Few people become public figures. The people that become public figures have developed their community status via a unique set of talents, skills, right of passage, knowledge or birth right. Above all attributes required by public figures is the ability to deliver, engage and grow an audience. This quality is where the magic, the fuzzy stuff, the ooga booga, the charisma is found, this quality lures the audience and subsequently creates folk heros.
In the contemporary world of cooking and food preparation one may be bold enough to define contemporary cooking history into two distinctive periods — as cooking and food preparation BEFORE JAMIE — BJ, and AFTER JAMIE — AJ. Not since Antonin Carême the French haute cuisine chef circa 1792 Paris Revolution, or Elizabeth David and her influence on the British diet post World War II England, has one person been so influencial and prominent.
Oliver‘s food musings are designed for high impact in the western world‘s vision for food. His activities extend well beyond typical recipes, restaurants, cook books and cooking on tv… Oliver‘s food conversation speaks via the internet, blogs, mobile video casts, live shows, community projects and word of mouth. The act of making food crosses to forums that assist people make better food, making food preparation fun, empowering people to grow and invent food, readdressing food in schools, helping the under privileged via careers in food, to traveling fused with food fused with culture.

Oliver‘s humble and infectious enthusiasm for food is quirky as his wayward quiff, (which back in 1999 my Grandma called bed hair). Food in Jamie‘s world is above status and your bank balance. In his world, good food is a right, rather than a case of which western city suburb you live. Oliver is the popular voice for good food that doesn‘t come in a box, delivered via “drive thru“, or has an option to up size.
The design of Oliver‘s image seemed to be driven by Oliver himself. Unlike many big brands that are highly controlled and calculated Oliver‘s sense of brands is erratic, and driven less by convention and more by instinct. In the 10 years since Oliver published ‘Jamie Oliver — The Naked Chef‘ in 1999, Oliver‘s career and his cook book covers, tell a subtle story of Oliver‘s development.
In the early days the image simply communicated a vibrant upstart boy passionate for food.

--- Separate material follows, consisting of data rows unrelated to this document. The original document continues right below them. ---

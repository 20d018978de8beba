-- ===== src/Engine/Inbox.antt =====
-- src/api/engine.cpp, `submit`: the inbox and the limit on queued requests.
use llm_engine.Base.{
  ℕ, ◌+◌, ◌≤◌, ◌<◌, ◌≡◌, refl, subst, Bool, true, false, List, [], ◌∷◌, ◌++◌, none, some,
  if◌then◌else◌, ◌==◌, ◌||◌, length, All, arith, Bool-cases, inl, inr,
}
use llm_engine.KvCache.{empty_table}
use llm_engine.Sequence.{Sequence, SamplingParams}
use llm_engine.Scheduler.{contains}
use llm_engine.Engine.Defs.{Engine, SubmitStatus, SubmitResult, add_stops}

contains-append : (xs : List ℕ) (a t : ℕ) → contains (xs ++ (a ∷ [])) t ≡ (contains xs t || a == t)
unfolding contains
contains-append [] a t = ground arith
contains-append (x ∷ xs) a t = ground (arith, contains-append xs a t)

-- For any lists, a token stops a request after the tokenizer's stop tokens are added exactly if it
-- did before or is one of the tokenizer's.
pub contains-add_stops :
    (ids have : List ℕ) (t : ℕ)
    → contains (add_stops ids have) t ≡ (contains have t || contains ids t)
unfolding contains add_stops
contains-add_stops [] have t = ground arith
contains-add_stops (id ∷ ids) have t = elim (Bool-cases (contains have id)) [
  | inl known ↦ elim (Bool-cases (id == t)) [
    | inl hit ↦
        let same : contains have t ≡ true =
          subst (λ k. contains have k ≡ true) (ground arith) known in
        rw known (ground (arith, contains-add_stops ids have t, same))
    | inr miss ↦ rw (known, miss) (contains-add_stops ids have t)
  ]
  | inr new ↦
      rw new
        (ground (arith, contains-add_stops ids (have ++ (id ∷ [])) t, contains-append have id t))
]

-- How often an id stands in the inbox.
unfoldable pub id_count : ℕ → List Sequence → ℕ
id_count k [] = 0
id_count k (s ∷ ss) = (if s.id == k then 1 else 0) + id_count k ss

-- Ids are new and different, each request in the inbox is counted as queued, and the limit holds.
pub record IsEngine (e : Engine) : Type 0 where
  pub older : All (λ s. s.id < e.next_id) e.inbox
  pub distinct : (k : ℕ) → id_count k e.inbox ≤ 1
  pub counted : length e.inbox ≤ e.queued
  pub limited : 0 < e.max_queue_depth → e.queued ≤ e.max_queue_depth

pub id_count-append :
    (k : ℕ) (ss : List Sequence) (s : Sequence)
    → id_count k (ss ++ (s ∷ [])) ≡ id_count k ss + (if s.id == k then 1 else 0)
unfolding id_count
id_count-append k [] s = omega arith
id_count-append k (x ∷ ss) s = omega (arith, id_count-append k ss s)

pub older-absent :
    (n k : ℕ) (ss : List Sequence) → All (λ s. s.id < n) ss → n ≤ k → id_count k ss ≡ 0
unfolding id_count
older-absent n k [] a h = refl
older-absent n k (s ∷ ss) (b, a) h = ground (arith, older-absent n k ss a h)

older-append :
    (n : ℕ) (ss : List Sequence) (s : Sequence)
    → All (λ q. q.id < n) ss
    → s.id ≡ n
    → All (λ q. q.id < n + 1) (ss ++ (s ∷ []))
older-append n [] s a e = (omega arith, tt)
older-append n (x ∷ ss) s (b, a) e = (omega (arith, b), older-append n ss s a e)

-- The answers to a submission.
pub data Answer (e : Engine) (prompt : List ℕ) (params : SamplingParams)
    : SubmitResult × Engine → Type 0 where
  turned_away :
      e.accepting ≡ false
      → Answer e prompt params
          (record { status = SubmitStatus.draining; seq = none; retry_after_seconds = 0 }, e)
  shed :
      e.accepting ≡ true
      → 0 < e.max_queue_depth
      → e.max_queue_depth ≤ e.queued
      → Answer e prompt params (
        record { status = SubmitStatus.overloaded; seq = none; retry_after_seconds = 1 },
        record e { requests_rejected_overload = e.requests_rejected_overload + 1 },
      )
  taken :
      (s : Sequence) (e' : Engine)
      → e.accepting ≡ true
      → s.id ≡ e.next_id
      → s.tokens ≡ prompt
      → (s.block_table ≡ empty_table) × (s.num_computed ≡ 0)
      → ((t : ℕ)
          → contains s.params.stop_ids t ≡ (contains params.stop_ids t || contains e.stop_ids t))
      → e'.inbox ≡ e.inbox ++ (s ∷ [])
      → e'.queued ≡ e.queued + 1
      → Answer e prompt params
          (record { status = SubmitStatus.accepted; seq = some s; retry_after_seconds = 0 }, e')

pub if_cases :
    {A : Type 0} (P : A → Type 0) (b : Bool) (x y : A)
    → (b ≡ true → P x)
    → (b ≡ false → P y)
    → P (if b then x else y)
if_cases P true x y f g = f refl
if_cases P false x y f g = g refl
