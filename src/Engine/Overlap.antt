-- ===== src/Engine/Overlap.antt =====
-- src/api/engine.cpp, `submit`, which many threads call at once: each stretch of a call between two uses
-- of what the threads share is a step, and the steps of `n` calls come in any order.
use llm_engine.Base.{
  ℕ, zero, suc, ◌+◌, Bool, List, [], ◌∷◌, ◌++◌, some, if◌then◌else◌, ltb, leb, not, ◌&&◌, length,
  update,
}
use llm_engine.Sequence.{Sequence, SamplingParams}
use llm_engine.Engine.Defs.{Engine, SubmitStatus, SubmitResult, refused, new_sequence}

-- What a client passes.
pub record Asked : Type 0 where
  pub prompt : List ℕ
  pub params : SamplingParams
  pub on_token : Bool

-- Where a call is: before it reads `accepting_`, before it reads `queued_`, before it takes an id, before
-- it puts its request in the inbox, before it counts it, or at its end.
pub data Stage : Type 0 where
  called entered admitted : Stage
  built counting : Sequence → Stage
  returned : SubmitResult → Stage

unfoldable pub advance_call : Engine → Asked → Stage → Stage × Engine
advance_call e a Stage.called =
    if not e.accepting
    then (Stage.returned (refused SubmitStatus.draining 0), e)
    else (Stage.entered, e)
advance_call e a Stage.entered =
    if ltb 0 e.max_queue_depth && leb e.max_queue_depth e.queued
    then (
      Stage.returned (refused SubmitStatus.overloaded 1),
      record e { requests_rejected_overload = e.requests_rejected_overload + 1 },
    )
    else (Stage.admitted, e)
advance_call e a Stage.admitted = (
  Stage.built (new_sequence e a.prompt a.params a.on_token),
  record e {
    next_id = e.next_id + 1;
    requests_total = e.requests_total + 1;
    prompt_tokens_total = e.prompt_tokens_total + length a.prompt;
  },
)
advance_call e a (Stage.built s) = (Stage.counting s, record e { inbox = e.inbox ++ (s ∷ []) })
advance_call e a (Stage.counting s) = (
  Stage.returned (record { status = SubmitStatus.accepted; seq = some s; retry_after_seconds = 0 }),
  record e { queued = e.queued + 1 },
)
advance_call e a (Stage.returned r) = (Stage.returned r, e)

-- The calls and what they share.
pub record Calls : Type 0 where
  pub engine : Engine
  pub asked : ℕ → Asked
  pub stage : ℕ → Stage

-- A step of a call, or what the engine and other calls do to what `submit` reads: the inbox is taken, and
-- `accepting_` is set.
pub data Occurrence : Type 0 where
  steps : ℕ → Occurrence
  pulls : Occurrence
  accepts : Bool → Occurrence

unfoldable pub call_at : Calls → ℕ → Stage → Calls
unfolding advance_call
call_at c i p =
    let (q, e) = advance_call c.engine (c.asked i) p in
    record c { engine = e; stage = update c.stage i q }

unfoldable pub occur : Calls → Occurrence → Calls
unfolding call_at
occur c (steps i) = call_at c i (c.stage i)
occur c pulls = record c { engine = record (c.engine) { inbox = [] } }
occur c (accepts b) = record c { engine = record (c.engine) { accepting = b } }

unfoldable pub occur_all : List Occurrence → Calls → Calls
unfolding occur
occur_all [] c = c
occur_all (v ∷ vs) c = occur_all vs (occur c v)

-- A call that nothing overlaps.
abbrev pub rounds : ℕ → Asked → Stage × Engine → Stage × Engine
rounds zero a (p, e) = (p, e)
rounds (suc n) a (p, e) = rounds n a (advance_call e a p)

The design and image reflected his youth being naive, personal, uncomplicated, raw and somewhat clunky.
Money, children, success, travel, celebrity, the public life, and media harassment have shaped a media and marketing savvy Oliver over time. The raw images portrayed at the beginnings of his career are a sign of Oliver‘s vision to continually fine tune and style his image, allowing the audience to grow with Oliver as his career evolves.

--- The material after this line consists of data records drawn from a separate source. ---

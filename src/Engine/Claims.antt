-- ===== src/Engine/Claims.antt =====
-- src/api/engine.cpp, `submit`: the requests of the calls that overlap, counted by where they are.
use llm_engine.Base.{
  ℕ, zero, suc, ◌+◌, ◌≤◌, ◌<◌, ◌≡◌, ◌≢◌, refl, true, false, some, none, if◌then◌else◌, ◌==◌, length,
  update, sum_below, sum_below-change, arith,
}
use llm_engine.Engine.Inbox.{id_count}
use llm_engine.Engine.Overlap.{Stage, Calls}

-- How many of the requests with an id are built and not in the inbox.
abbrev pub holds : ℕ → Stage → ℕ
holds k (Stage.built s) = if s.id == k then 1 else 0
holds k _ = 0

-- How many of the calls have a request with an id, up to their answer.
abbrev pub owned : ℕ → Stage → ℕ
owned k (Stage.built s) = if s.id == k then 1 else 0
owned k (Stage.counting s) = if s.id == k then 1 else 0
owned k (Stage.returned r) = elim r.seq [ none ↦ 0 | some s ↦ if s.id == k then 1 else 0 ]
owned k _ = 0

-- In the inbox and not counted.
abbrev pub uncounted : Stage → ℕ
uncounted (Stage.counting s) = 1
uncounted _ = 0

-- Past the test of the limit and not counted.
abbrev pub claims : Stage → ℕ
claims Stage.admitted = 1
claims (Stage.built s) = 1
claims (Stage.counting s) = 1
claims _ = 0

pub sum_below-update :
    {A : Type 0} (n i : ℕ) (f : ℕ → A) (p : A) (m : A → ℕ)
    → i < n
    → sum_below n (λ j. m (update f i p j)) + m (f i) ≡ sum_below n (λ j. m (f j)) + m p
sum_below-update n i f p m l =
    let without : ℕ → ℕ = λ j. if j == i then 0 else m (f j) in
    let here : (i == i) ≡ true = ground arith in
    let there = λ (j : ℕ) (ne : j ≢ i). let off : (j == i) ≡ false = ground (arith, ne) in off in
    let old =
      sum_below-change n i (m (f i)) without (λ j. m (f j)) l (rw here (omega arith))
        (λ j ne. rw (there j ne) refl) in
    let new =
      sum_below-change n i (m p) without (λ j. m (update f i p j)) l (rw here (omega arith))
        (λ j ne. rw (there j ne) refl) in
    omega (arith, old, new)

sum_below-le : (n : ℕ) (f : ℕ → ℕ) → ((i : ℕ) → f i ≤ 1) → sum_below n f ≤ n
unfolding sum_below
sum_below-le zero f h = omega arith
sum_below-le (suc n) f h = omega (arith, h n, sum_below-le n f h)

claims-le : (p : Stage) → claims p ≤ 1
claims-le Stage.called = omega arith
claims-le Stage.entered = omega arith
claims-le Stage.admitted = omega arith
claims-le (Stage.built s) = omega arith
claims-le (Stage.counting s) = omega arith
claims-le (Stage.returned r) = omega arith

-- One call that claims nothing leaves room below their number.
pub claims-room :
    (n i : ℕ) (f : ℕ → Stage) → i < n → claims (f i) ≡ 0 → sum_below n (λ j. claims (f j)) + 1 ≤ n
claims-room n i f l zeroed =
    let more = sum_below-update n i f Stage.admitted claims l in
    omega (
      arith,
      more,
      zeroed,
      sum_below-le n (λ j. claims (update f i Stage.admitted j)) (λ j. claims-le _),
    )

pub record Inv (n : ℕ) (c : Calls) : Type 0 where
  pub distinct : (k : ℕ) → id_count k c.engine.inbox + sum_below n (λ j. holds k (c.stage j)) ≤ 1
  pub fresh :
      (k : ℕ)
      → c.engine.next_id ≤ k
      → id_count k c.engine.inbox + sum_below n (λ j. holds k (c.stage j)) ≡ 0
  pub own : (k : ℕ) → sum_below n (λ j. owned k (c.stage j)) ≤ 1
  pub own_fresh : (k : ℕ) → c.engine.next_id ≤ k → sum_below n (λ j. owned k (c.stage j)) ≡ 0
  pub counted : length c.engine.inbox ≤ c.engine.queued + sum_below n (λ j. uncounted (c.stage j))
  pub limited :
      0 < c.engine.max_queue_depth
      → c.engine.queued + sum_below n (λ j. claims (c.stage j)) < c.engine.max_queue_depth + n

Oliver‘s latest book — Jamie‘s Ministry of Food — is yet another visual milestone documenting his career. In the previous publications Oliver‘s raw wild boy image gave way to a young time poor dad, and now Oliver has buffed up and tightened up. His Daddy fat is gone, the kitchen skin has been retouched and perfectly lit, the hair is just right, his imperfections groomed. The natural settings are gone too and a stylised set keeps the viewer‘s gaze firmly on Oliver‘s naughty angel like composure. The food is strangely unsophisticated, and his poised clichéd pose — looks like he is about to tuck into Mum‘s Sunday roast. The type treatment continues to be highly refined and brand like. The wording is lean, carefully scripted and designed. The series title — Jamie‘s Ministry of Food — hams up the hype surrounded by Oliver‘s celebrity — the cult of Jamie, Jamie the high priest of food, amen. The cover image now so refined that at postage stamp size — the size used by book reviewers and displayed in publishers catalogs, to poster scale the cover communicates clearly and effectively. The content beyond the cover is another journey in publishing where the simple act of publishing recipes is intertwined with continuing process of story and information making.
Often it is easy to gaze over market favourites, like Jamie, to seek out the cult design, yet in the instance where the brand is the person it is compelling to observe how they continue to invent their story over time.
Following are the covers tracking Oliver‘s work, at home we don‘t have all his books, that said Oliver‘s books are prominent in our cook book collection and we have enough to show the changes he has made to his image over ten years. This post came to be just for the simple reason that cook books are familiar in the kitchen space and are a good sample of a designer‘s work. Rather than extensively labeling these images we chosen to let the covers tell the story, as they did to us.

Published 1999

Published 2000

Published 2004

Published 2007

Published 2008
Bless you Jamie for exploring a very commercial arena and bringing something different to it.